FOREIGN AFFAIRS

The Next Arab Challenge

Two years after the Middle East revolts, the Obama administration has mounted no real effort to understand the dynamics of political Islam.

Updated: March 15, 2013 | 4:16 p.m.
March 14, 2013 | 8:20 p.m.

A democratic uprising replaced Egypt’s government with the Muslim Brotherhood. (AP Photo/Tara Todras-Whitehill)

Ibrahim el-Houdaiby is exactly the sort of man the United States needs on its side these days. A 29-year-old graduate of the American University in Cairo, he is one of the firebrands who decamped to Tahrir Square, and he now opposes rule by both the Muslim Brotherhood and the Egyptian military. Houdaiby is an Islamist, not a Jeffersonian democrat. He believes passionately in sharia, or religious law, and the “totality of Islam” in governing the lives of believers like himself. In fact, he is Islamist royalty: His great-grandfather Hassan el-Houdaiby was once the brotherhood’s supreme leader, and his grandfather held the same post. But last year, young el-Houdaiby left the brotherhood in protest. Now he preaches a new, open kind of Islamism—one that doesn’t impose anything “against the will of the people.”

Ibrahim el-Houdaiby, who is trying to keep the original spirit of the Arab Spring alive, is what Americans might call a “good Islamist.” Consider, by contrast, Mokhtar Belmokhtar of Algeria. He, like Houdaiby, was a leader inspired and empowered by the political chaos of revolution. But Belmokhtar, 40, who may have died recently at the hands of Chadian troops, might be deemed a “bad Islamist.” Nobody paid much attention to him until he organized a raid on a BP gas facility in January that resulted in the deaths of 37 hostages. He is part of the terrorist “Pandora’s box” (Hillary Rodham Clinton’s description) that opened up in North Africa, Syria, Yemen, and other places where the autocrats have been ousted. And he is more proof—joining the agitators who killed the U.S. ambassador to Libya, in Benghazi, on Sept. 11, 2012—that al-Qaida keeps generating new cells, like dragon’s teeth.
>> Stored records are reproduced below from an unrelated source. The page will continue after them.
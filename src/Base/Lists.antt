-- ===== src/Base/Lists.antt =====
-- Lists measured by native numbers, sets of numbers as lists, and the predicate `All`.
use Prim.Native.Nat.{ℕ, zero, suc, ◌+◌}
use mathlib.Core.Path.{◌≡◌, refl, subst}
use mathlib.Core.Logic.{◌⊎◌, inl, inr}
use mathlib.Core.Bool.{Bool, true, false}
use mathlib.Core.List.{List, [], ◌∷◌, ◌++◌}
use native.Mathlib.Omega.{arith}
use sakura_nexus.Base.Tests.{◌==◌, if◌then◌else◌, ==→eq, Bool-cases}

module _ {ℓ} {A : Type ℓ} where
  abbrev pub length : List A → ℕ
  length [] = 0
  length (x ∷ xs) = suc (length xs)

  abbrev pub take : ℕ → List A → List A
  take zero xs = []
  take (suc n) [] = []
  take (suc n) (x ∷ xs) = x ∷ take n xs

  abbrev pub drop : ℕ → List A → List A
  drop zero xs = xs
  drop (suc n) [] = []
  drop (suc n) (x ∷ xs) = drop n xs

  abbrev pub any : (A → Bool) → List A → Bool
  any p [] = false
  any p (x ∷ xs) = if p x then true else any p xs

  abbrev pub all : (A → Bool) → List A → Bool
  all p [] = true
  all p (x ∷ xs) = if p x then all p xs else false

  abbrev pub filter : (A → Bool) → List A → List A
  filter p [] = []
  filter p (x ∷ xs) = let rest = filter p xs in if p x then x ∷ rest else rest

  pub length-append : (xs ys : List A) → length (xs ++ ys) ≡ length xs + length ys
  length-append [] ys = omega arith
  length-append (x ∷ xs) ys = omega (arith, length-append xs ys)

-- A predicate by recursion computes to tuples, which the tactics read and build.
abbrev pub All {ℓ κ} : {A : Type ℓ} → (A → Type κ) → List A → Type κ
All P [] = Unit
All P (x ∷ xs) = P x × All P xs

pub All-append {ℓ κ} :
    {A : Type ℓ} (P : A → Type κ) (xs ys : List A) → All P xs → All P ys → All P (xs ++ ys)
All-append P [] ys hx hy = hy
All-append P (x ∷ xs) ys hx hy = (hx.0, All-append P xs ys hx.1 hy)

pub All-imp {ℓ κ ι} :
    {A : Type ℓ} (P : A → Type κ) (Q : A → Type ι) (xs : List A)
    → ((x : A) → P x → Q x)
    → All P xs
    → All Q xs
All-imp P Q [] f h = tt
All-imp P Q (x ∷ xs) f h = (f x h.0, All-imp P Q xs f h.1)

-- A set of numbers is a list; `contains`, `insert` and `delete` are the map operations of
-- `map[int64]struct{}`.
unfoldable pub contains : ℕ → List ℕ → Bool
contains a [] = false
contains a (x ∷ xs) = if x == a then true else contains a xs

unfoldable pub insert : ℕ → List ℕ → List ℕ
insert a xs = if contains a xs then xs else a ∷ xs

unfoldable pub delete : ℕ → List ℕ → List ℕ
delete a [] = []
delete a (x ∷ xs) = let rest = delete a xs in if x == a then rest else x ∷ rest

pub contains-nil : (a : ℕ) → contains a [] ≡ false
unfolding contains
contains-nil a = refl

pub contains-cons :
    (a x : ℕ) (xs : List ℕ) → contains a (x ∷ xs) ≡ (if x == a then true else contains a xs)
unfolding contains
contains-cons a x xs = refl

pub contains-insert :
    (a b : ℕ) (xs : List ℕ) → contains b (insert a xs) ≡ (if a == b then true else contains b xs)
unfolding contains insert
contains-insert a b xs = elim (Bool-cases (contains a xs)) [
  | inl old ↦ rw old (lift_old old (Bool-cases (a == b)))
  | inr new ↦ rw new
]
  where
    lift_old :
        contains a xs ≡ true
        → ((a == b) ≡ true) ⊎ ((a == b) ≡ false)
        → contains b xs ≡ (if a == b then true else contains b xs)
    lift_old old (inl e) = rw e (subst (λ (x : ℕ). contains x xs ≡ true) (==→eq a b e) old)
    lift_old old (inr n) = rw n

pub contains-delete :
    (a b : ℕ) (xs : List ℕ) → contains b (delete a xs) ≡ (if a == b then false else contains b xs)
unfolding contains delete
contains-delete a b [] = ground arith
contains-delete a b (x ∷ xs) = ground (arith, contains-delete a b xs)

pub All-contains {ℓ} :
    (P : ℕ → Type ℓ) (a : ℕ) (xs : List ℕ) → All P xs → contains a xs ≡ true → P a
unfolding contains
All-contains P a [] h c = cc
All-contains P a (x ∷ xs) h c = elim (Bool-cases (x == a)) [
  | inl e ↦ subst P (==→eq x a e) h.0
  | inr n ↦ All-contains P a xs h.1 (rw n at c)
]

pub All-insert {ℓ} : (P : ℕ → Type ℓ) (a : ℕ) (xs : List ℕ) → P a → All P xs → All P (insert a xs)
unfolding insert
All-insert P a xs p h = elim (Bool-cases (contains a xs)) [
  | inl old ↦ rw old h
  | inr new ↦ rw new (p, h)
]

pub All-delete {ℓ} : (P : ℕ → Type ℓ) (a : ℕ) (xs : List ℕ) → All P xs → All P (delete a xs)
unfolding delete
All-delete P a [] h = tt
All-delete P a (x ∷ xs) h = elim (Bool-cases (x == a)) [
  | inl e ↦ rw e (All-delete P a xs h.1)
  | inr n ↦ rw n (h.0, All-delete P a xs h.1)
]

pub All-of-insert {ℓ} : (P : ℕ → Type ℓ) (a : ℕ) (xs : List ℕ) → All P (insert a xs) → All P xs
unfolding insert
All-of-insert P a xs = elim (Bool-cases (contains a xs)) [
  | inl old ↦ rw old (λ h. h)
  | inr new ↦ rw new (λ h. h.1)
]

-- Some element satisfies the predicate.
abbrev pub Some {ℓ} : {A : Type ℓ} → (A → Type 0) → List A → Type 0
Some P [] = ⊥
Some P (x ∷ xs) = P x ⊎ Some P xs

module _ {ℓ} {A : Type ℓ} (P : A → Type 0) (p : A → Bool) where
  pub Some-of-any : (xs : List A) → ((x : A) → p x ≡ true → P x) → any p xs ≡ true → Some P xs
  Some-of-any [] f h = absurd (cc)
  Some-of-any (x ∷ xs) f h = elim (Bool-cases (p x)) [
    | inl e ↦ inl (f x e)
    | inr e ↦ inr (Some-of-any xs f (rw e at h))
  ]

  pub any-of-Some : (xs : List A) → ((x : A) → P x → p x ≡ true) → Some P xs → any p xs ≡ true
  any-of-Some [] f h = absurd h
  any-of-Some (x ∷ xs) f (inl h) = rw (f x h)
  any-of-Some (x ∷ xs) f (inr h) = elim (Bool-cases (p x)) [
    | inl e ↦ rw e
    | inr e ↦ rw e (any-of-Some xs f h)
  ]

pub All-not-of-any {ℓ} :
    {A : Type ℓ} (P : A → Type 0) (p : A → Bool) (xs : List A)
    → ((x : A) → P x → p x ≡ true)
    → any p xs ≡ false
    → All (λ x. ¬ P x) xs
All-not-of-any P p [] f h = tt
All-not-of-any P p (x ∷ xs) f h = elim (Bool-cases (p x)) [
  | inl e ↦ absurd (cc (e, h))
  | inr e ↦ (λ q. cc (f x q, e), All-not-of-any P p xs f (rw e at h))
]

pub any-of-All-not {ℓ} :
    {A : Type ℓ} (P : A → Type 0) (p : A → Bool) (xs : List A)
    → ((x : A) → p x ≡ true → P x)
    → All (λ x. ¬ P x) xs
    → any p xs ≡ false
any-of-All-not P p [] f h = refl
any-of-All-not P p (x ∷ xs) f h = elim (Bool-cases (p x)) [
  | inl e ↦ absurd (h.0 (f x e))
  | inr e ↦ rw e (any-of-All-not P p xs f h.1)
]

pub All-of-all {ℓ} :
    {A : Type ℓ} (P : A → Type 0) (p : A → Bool) (xs : List A)
    → ((x : A) → p x ≡ true → P x)
    → all p xs ≡ true
    → All P xs
All-of-all P p [] f h = tt
All-of-all P p (x ∷ xs) f h = elim (Bool-cases (p x)) [
  | inl e ↦ (f x e, All-of-all P p xs f (rw e at h))
  | inr e ↦ absurd (cc (e, h))
]

pub all-of-All {ℓ} :
    {A : Type ℓ} (P : A → Type 0) (p : A → Bool) (xs : List A)
    → ((x : A) → P x → p x ≡ true)
    → All P xs
    → all p xs ≡ true
all-of-All P p [] f h = refl
all-of-All P p (x ∷ xs) f h = rw (f x h.0) (all-of-All P p xs f h.1)
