-- ===== src/Ai.antt =====
-- internal/platform/ai/provider.go: asking a model to rewrite a text. `W` is the world behind the
-- network, the clock and the random numbers; `jittered` is the wait with its random part, a product of
-- floating-point numbers. Times are nanoseconds.
use sakura_nexus.Base.{
  ℕ, zero, suc, ◌+◌, ◌-◌, ◌*◌, ◌^◌, Bool, true, false, ◌||◌, Option, none, some, List, [], ◌∷◌,
  if◌then◌else◌, ◌==◌, leb,
}
use sakura_nexus.Base.Int.{ℤ, pos, ltb_ℤ}
use sakura_nexus.Base.Text.{Text, is_empty}

abbrev pub rewrite_max_attempts : ℕ
rewrite_max_attempts = 3

abbrev pub rewrite_backoff_base : ℕ
rewrite_backoff_base = 1000000000

-- A temperature is in billionths.
pub record AiConfig : Type 0 where
  pub rewrite_model : Text
  pub temperature : ℤ
  pub timeout_seconds : ℕ

pub record Completion : Type 0 where
  pub model : Text
  pub system_message : Text
  pub user_message : Text
  pub temperature : Option ℤ
  pub timeout_seconds : ℕ

pub record AiResponse : Type 0 where
  pub body : Text
  pub model : Text
  pub finish_reason : Text
  pub total_tokens : ℕ

-- An answer: an error with the status of an API error, if it is one; or the choices, each a text and the
-- reason why it ends, with the model and the tokens.
pub data Completed : Type 0 where
  failed : Option ℕ → Completed
  choices : List (Text × Text) → Text → ℕ → Completed

pub data AiError : Type 0 where
  no_model cancelled no_choices : AiError
  call_failed : Option ℕ → AiError

pub data Rewritten : Type 0 where
  rewritten : AiResponse → Rewritten
  not_rewritten : AiError → Rewritten

unfoldable pub retryable_status : ℕ → Bool
retryable_status code = code == 429 || leb 500 code

unfoldable pub is_retryable : AiError → Bool
unfolding retryable_status
is_retryable no_model = false
is_retryable cancelled = false
is_retryable no_choices = false
is_retryable (call_failed none) = false
is_retryable (call_failed (some code)) = retryable_status code

unfoldable pub backoff : ℕ → ℕ
backoff attempt = 2 ^ (attempt - 1) * rewrite_backoff_base

module _ {W : Type 0} (complete : Completion → W → Completed × W) (jittered : ℕ → W → ℕ × W)
    (sleep : ℕ → W → Bool × W) (cfg : AiConfig) where
  unfoldable pub rewrite_once : Text → Text → W → Rewritten × W
  rewrite_once prompt body w =
      let (a, w') =
        complete
          (record {
            model = cfg.rewrite_model;
            system_message = prompt;
            user_message = body;
            temperature = if ltb_ℤ (pos 0) cfg.temperature then some cfg.temperature else none;
            timeout_seconds = cfg.timeout_seconds;
          })
          w in
      elim a [
        | failed status ↦ (not_rewritten (call_failed status), w')
        | choices [] model tokens ↦ (not_rewritten no_choices, w')
        | choices (c ∷ cs) model tokens ↦ (
          rewritten
              (record { body = c.0; model = model; finish_reason = c.1; total_tokens = tokens }),
          w',
        )
      ]

  -- The rounds from `attempt` on, while some are left; `e` is `lastErr`.
  unfoldable pub rewrite_again : Text → Text → ℕ → ℕ → AiError → W → Rewritten × W
  unfolding rewrite_once is_retryable backoff
  rewrite_again prompt body zero attempt e w = (not_rewritten e, w)
  rewrite_again prompt body (suc left) attempt e w =
      let (d, w1) = jittered (backoff attempt) w in
      let (awake, w2) = sleep d w1 in
      elim awake [
        | false ↦ (not_rewritten cancelled, w2)
        | true ↦
            let (r, w3) = rewrite_once prompt body w2 in
            elim r [
              | rewritten x ↦ (rewritten x, w3)
              | not_rewritten e' ↦ elim (is_retryable e') [
                | false ↦ (not_rewritten e', w3)
                | true ↦ rewrite_again prompt body left (attempt + 1) e' w3
              ]
            ]
      ]

  unfoldable pub rewrite : Text → Text → W → Rewritten × W
  unfolding rewrite_once is_retryable rewrite_again
  rewrite prompt body w =
      if is_empty cfg.rewrite_model
      then (not_rewritten no_model, w)
      else let (r, w1) = rewrite_once prompt body w in
        elim r [
          | rewritten x ↦ (rewritten x, w1)
          | not_rewritten e ↦ elim (is_retryable e) [
            | false ↦ (not_rewritten e, w1)
            | true ↦ rewrite_again prompt body (rewrite_max_attempts - 1) 1 e w1
          ]
        ]

-- `NewProvider`: a timeout of 0 is 60.
unfoldable pub new_config : AiConfig → AiConfig
new_config c = record c {
  timeout_seconds = if c.timeout_seconds == 0 then 60 else c.timeout_seconds;
}
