-- ===== src/App.antt =====
-- internal/app: how the program runs and ends.
pub mod Lifecycle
The protesters who ousted or threatened Arab dictators in the past two years—their uprisings have been euphemized as a “Spring,” like so many other democratic movements—have not produced governments that are channeling Western ideals of secular democracy. They are yielding, instead, to a new power elite who believe in some form of political Islam (a concept alien to the West), whether by vote or by force. Now the West will face new interlocutors there—reductively speaking: good Islamists and bad Islamists. And American strategists, until now, have done a very poor job of figuring out which are which, and what to do about them.

Shocked by the abruptness of the uprisings, the Obama administration has responded fitfully for two years, mostly improvising. First, it defended its old autocratic allies, such as Egypt’s Hosni Mubarak and Yemen’s Ali Saleh. Then it moved to championing the young secularists in the street, with visions of liberal democracy that now look as naive as the visions of the George W. Bush-era neoconservatives. More recently, after the election of Muslim Brotherhood leader Mohamed Morsi in Egypt, the administration has lurched in yet another direction, embracing the Islamist president and the Brotherhood, even to the exclusion of secularists, says Michele Dunne of the Atlantic Council.

What Dunne and other experts would like to see instead is a steadier policy based on set principles—beginning with “tough love” for Morsi after his recent efforts to crush protest. “Washington’s response to this crisis has largely been business as usual,” Dunne and Robert Kagan wrote in The Washington Post recently. “Just as the United States once clung to Mubarak, the Obama administration has hewed closely to Morsi, offering a visit to Washington and continuing to deliver the annual $1.3 billion in military assistance, including a recent shipment of F-16 aircraft.” In an interview, Dunne adds, “We always seem to be attaching ourselves to individual, small groups of people, ruling cliques.” The better approach is to stand up for standards, principles, and a proper system of government—and try to make it stick by frankly tying U.S. economic support to democratic progress.

On the eve of Barack Obama’s first trip to the region as a second-term president, this is not happening with any consistency. Instead, Obama appears to be approaching Morsi in much the same shallow, realpolitik way he once dealt with Mubarak—seeking to cultivate a friendly government-to-government alliance, paying lip service to democracy and human rights, but essentially leaving Egypt’s internal chaos to sort itself out. In so doing, the United States may be sacrificing future natural allies among the secularists, and leaving important developments in the region to chance when it could influence them with smart policies. “You [in the U.S.] have supported … military rule, and now you are supporting a religious rule just because it serves your interests,” Gameela Ismail, a spokeswoman for the main secular alternative to the Muslim Brotherhood, told The Wall Street Journal recently. In Turkey, Obama blithely looks the other way as President Recep Erdogan and his Islamist Justice and Development Party strong-arm the Turkish judiciary, says Reuel Marc Gerecht, a conservative expert in the Middle East and a former CIA analyst.